Mucinous cystic neoplasm (MCN) of the pancreas is one of the three most common primary cyst-forming epithelial neoplasms of the pancreas including intraductal papillary mucinous neoplasm (IPMN), serous cystic neoplasm (SCN) and MCN. From another point of view, MCN is one of the three precursors of invasive adenocarcinoma of the pancreas including pancreatic intraepithelial neoplasia (PanIN), IPMN and MCN. MCNs occur almost exclusively in the distal pancreas of middle-aged women. Grossly, MCNs typically show a “cyst-in-cyst” pattern of growth, and are well encapsulated by a thick fibrous wall. In histology, MCNs are composed of mucinous neoplastic epithelial cells and subepithelial cellular stroma called as “ovarian-type” stroma.

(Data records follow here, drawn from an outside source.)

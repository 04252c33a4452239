-- ===== src/Capsule/Stream.antt =====
-- The decoder on a stream: chunk boundaries do not matter, and the buffer stays bounded.
use skimasque.Prelude.{ℕ, ◌+◌, ◌-◌, ◌≤◌, ◌<◌, List, ◌++◌, length, take, drop, ◌≡◌, ◌∙◌, arith}
use skimasque.Prelude.{some, none, Option, Result, ok, err, length-append}
use skimasque.Prelude.{length-take, length-drop, drop-append, take-append}
use skimasque.Prelude.Bytes.{BytesCrate, AreBytes}
use skimasque.Capsule.{Error, Capsule, CapsuleDecoder, next_capsule, push}
use skimasque.Capsule.Header.{Header-bounds, Header-size, Header-append, read_header_waits}
use skimasque.Capsule.Decode.{
  Next, no_header, too_large, waits, cuts, next_capsule_cases, next_capsule_cuts,
  next_capsule_too_large,
}

module _ ⦃b : BytesCrate⦄ where
  pub push-eq :
      (d : CapsuleDecoder) (more : List ℕ) → push d more ≡ record d { buf = d.buf ++ more }
  unfolding push
  push-eq d more = rw b.put_slice-eq

-- A pop leaves the decoder two bytes shorter at least, with the value within the limit.
Next-pops :
    {d d' : CapsuleDecoder} {c : Capsule} {r : Result Error (Option Capsule) × CapsuleDecoder}
    → Next d r
    → r ≡ (ok (some c), d')
    → (length d'.buf + 2 ≤ length d.buf)
      × (length c.value ≤ d.max_value_len)
      × (d'.max_value_len ≡ d.max_value_len)
Next-pops (no_header _) e = absurd (cc e)
Next-pops (too_large _ _) e = absurd (cc e)
Next-pops (waits _ _ _) e = absurd (cc e)
Next-pops {d} {d'} {c} (cuts {value_len} {header_len} h fits enough) e =
    let (least, most) = Header-bounds h in
    let rest : d'.buf ≡ drop (header_len + value_len) d.buf = cc e in
    let value : c.value ≡ take value_len (drop header_len d.buf) = cc e in
    let limit : d'.max_value_len ≡ d.max_value_len = cc e in
    (
      rw (rest, length-drop) (omega arith),
      rw value (
          rw
            (length-take value_len (drop header_len d.buf)
              (omega (arith, length-drop header_len d.buf)))
            fits),
      limit,
    )

-- What keeps a decoder waiting is a header that has not come, or a value within the limit.
Next-waits :
    {d d' : CapsuleDecoder} {r : Result Error (Option Capsule) × CapsuleDecoder}
    → Next d r
    → AreBytes d.buf
    → r ≡ (ok none, d')
    → (d' ≡ d) × (length d.buf < 16 + d.max_value_len)
Next-waits (no_header missing) h e = (cc e, omega (arith, read_header_waits _ h missing))
Next-waits (too_large _ _) h e = absurd (cc e)
Next-waits (waits hd fits short) h e = let (size, _, _) = Header-size h hd in (cc e, omega arith)
Next-waits (cuts _ _ _) h e = absurd (cc e)

Next-stays :
    {d d' : CapsuleDecoder} {r : Result Error (Option Capsule) × CapsuleDecoder}
    → Next d r
    → r ≡ (ok none, d')
    → d' ≡ d
Next-stays (no_header _) e = cc e
Next-stays (too_large _ _) e = absurd (cc e)
Next-stays (waits _ _ _) e = cc e
Next-stays (cuts _ _ _) e = absurd (cc e)

module _ ⦃b : BytesCrate⦄ where
  Next-more :
      {d d' : CapsuleDecoder} {c : Capsule} {r : Result Error (Option Capsule) × CapsuleDecoder}
      (more : List ℕ)
      → Next d r
      → r ≡ (ok (some c), d')
      → next_capsule (push d more) ≡ (ok (some c), push d' more)
  Next-more more (no_header _) e = absurd (cc e)
  Next-more more (too_large _ _) e = absurd (cc e)
  Next-more more (waits _ _ _) e = absurd (cc e)
  Next-more {d} {d'} {c} more (cuts {kind} {value_len} {header_len} h fits enough) e =
      let behind : List ℕ = drop header_len d.buf in
      let left : length behind ≡ length d.buf - header_len = length-drop header_len d.buf in
      let value : take value_len (drop header_len (d.buf ++ more)) ≡ take value_len behind =
        rw (drop-append header_len d.buf more (omega arith))
          (take-append value_len behind more (omega arith)) in
      let rest : drop (header_len + value_len) (d.buf ++ more)
          ≡ drop (header_len + value_len) d.buf ++ more =
        drop-append (header_len + value_len) d.buf more enough in
      let popped =
        next_capsule_cuts (record d { buf = d.buf ++ more }) (Header-append more h) fits
          (omega (arith, length-append d.buf more)) in
      rw (push-eq d more, push-eq d' more) (popped ∙ ground (arith, e, value, rest))

  Next-more_err :
      {d d' : CapsuleDecoder} {x : Error} {r : Result Error (Option Capsule) × CapsuleDecoder}
      (more : List ℕ)
      → Next d r
      → r ≡ (err x, d')
      → next_capsule (push d more) ≡ (err x, push d' more)
  Next-more_err more (no_header _) e = absurd (cc e)
  Next-more_err {d} {d'} {x} more (too_large h over) e =
      rw (push-eq d more, push-eq d' more)
        (next_capsule_too_large (record d { buf = d.buf ++ more }) (Header-append more h) over
          ∙ cc e)
  Next-more_err more (waits _ _ _) e = absurd (cc e)
  Next-more_err more (cuts _ _ _) e = absurd (cc e)

  -- When `next_capsule` returns a capsule, it returns the same capsule after more bytes have been
  -- pushed, and leaves what it left before with those bytes behind it.
  pub next_capsule-push :
      (d d' : CapsuleDecoder) (c : Capsule) (more : List ℕ)
      → next_capsule d ≡ (ok (some c), d')
      → next_capsule (push d more) ≡ (ok (some c), push d' more)
  next_capsule-push d d' c more e = Next-more more (next_capsule_cases d) e

  -- When `next_capsule` returns an error, it returns the same error after more bytes have been
  -- pushed, and leaves all bytes in the buffer as it does without them.
  pub next_capsule-push_err :
      (d d' : CapsuleDecoder) (x : Error) (more : List ℕ)
      → next_capsule d ≡ (err x, d')
      → next_capsule (push d more) ≡ (err x, push d' more)
  next_capsule-push_err d d' x more e = Next-more_err more (next_capsule_cases d) e

  -- A call that pops nothing leaves the decoder as it was.
  pub next_capsule_stays : (d d' : CapsuleDecoder) → next_capsule d ≡ (ok none, d') → d' ≡ d
  next_capsule_stays d d' e = Next-stays (next_capsule_cases d) e

  -- When `next_capsule` returns a capsule, the buffer is at least two bytes shorter, the capsule's
  -- value is within the decoder's limit, and the limit stays.
  pub next_capsule_pops :
      (d d' : CapsuleDecoder) (c : Capsule)
      → next_capsule d ≡ (ok (some c), d')
      → (length d'.buf + 2 ≤ length d.buf)
        × (length c.value ≤ d.max_value_len)
        × (d'.max_value_len ≡ d.max_value_len)
  next_capsule_pops d d' c e = Next-pops (next_capsule_cases d) e

  -- When `next_capsule` asks for more input and the buffer holds bytes, the decoder is unchanged
  -- and buffers fewer than sixteen bytes more than the greatest value length that it accepts.
  pub next_capsule_waits :
      (d d' : CapsuleDecoder)
      → AreBytes d.buf
      → next_capsule d ≡ (ok none, d')
      → (d' ≡ d) × (length d.buf < 16 + d.max_value_len)
  next_capsule_waits d d' h e = Next-waits (next_capsule_cases d) h e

The epithelium is dysplastic and the grade can be divided into low- and high-grade, and some MCNs have an associated invasive carcinoma. MCNs harbor several characteristic genetic and epigenetic alterations, some of which are shared with conventional invasive pancreatic ductal adenocarcinoma. Several studies suggest steroidogenesis in the “ovarian-type” stroma. A 5-year survival rate of non-invasive MCN is 100%, and MCN with T1a and T1b carcinoma also had an excellent prognosis. However, in one study, MCN with invasive carcinoma show aggressive clinical course; a 3-year and 5-year survival rate are 44% and 26%, respectively. In European guidelines, MCNs <40 mm are treated conservatively when other risk factors are absent. In international and American guidelines, on the other hand, an MCN of any size is an absolute indication for resection. Better knowledge of the pathology and molecular alterations could help in the management of patients with MCN.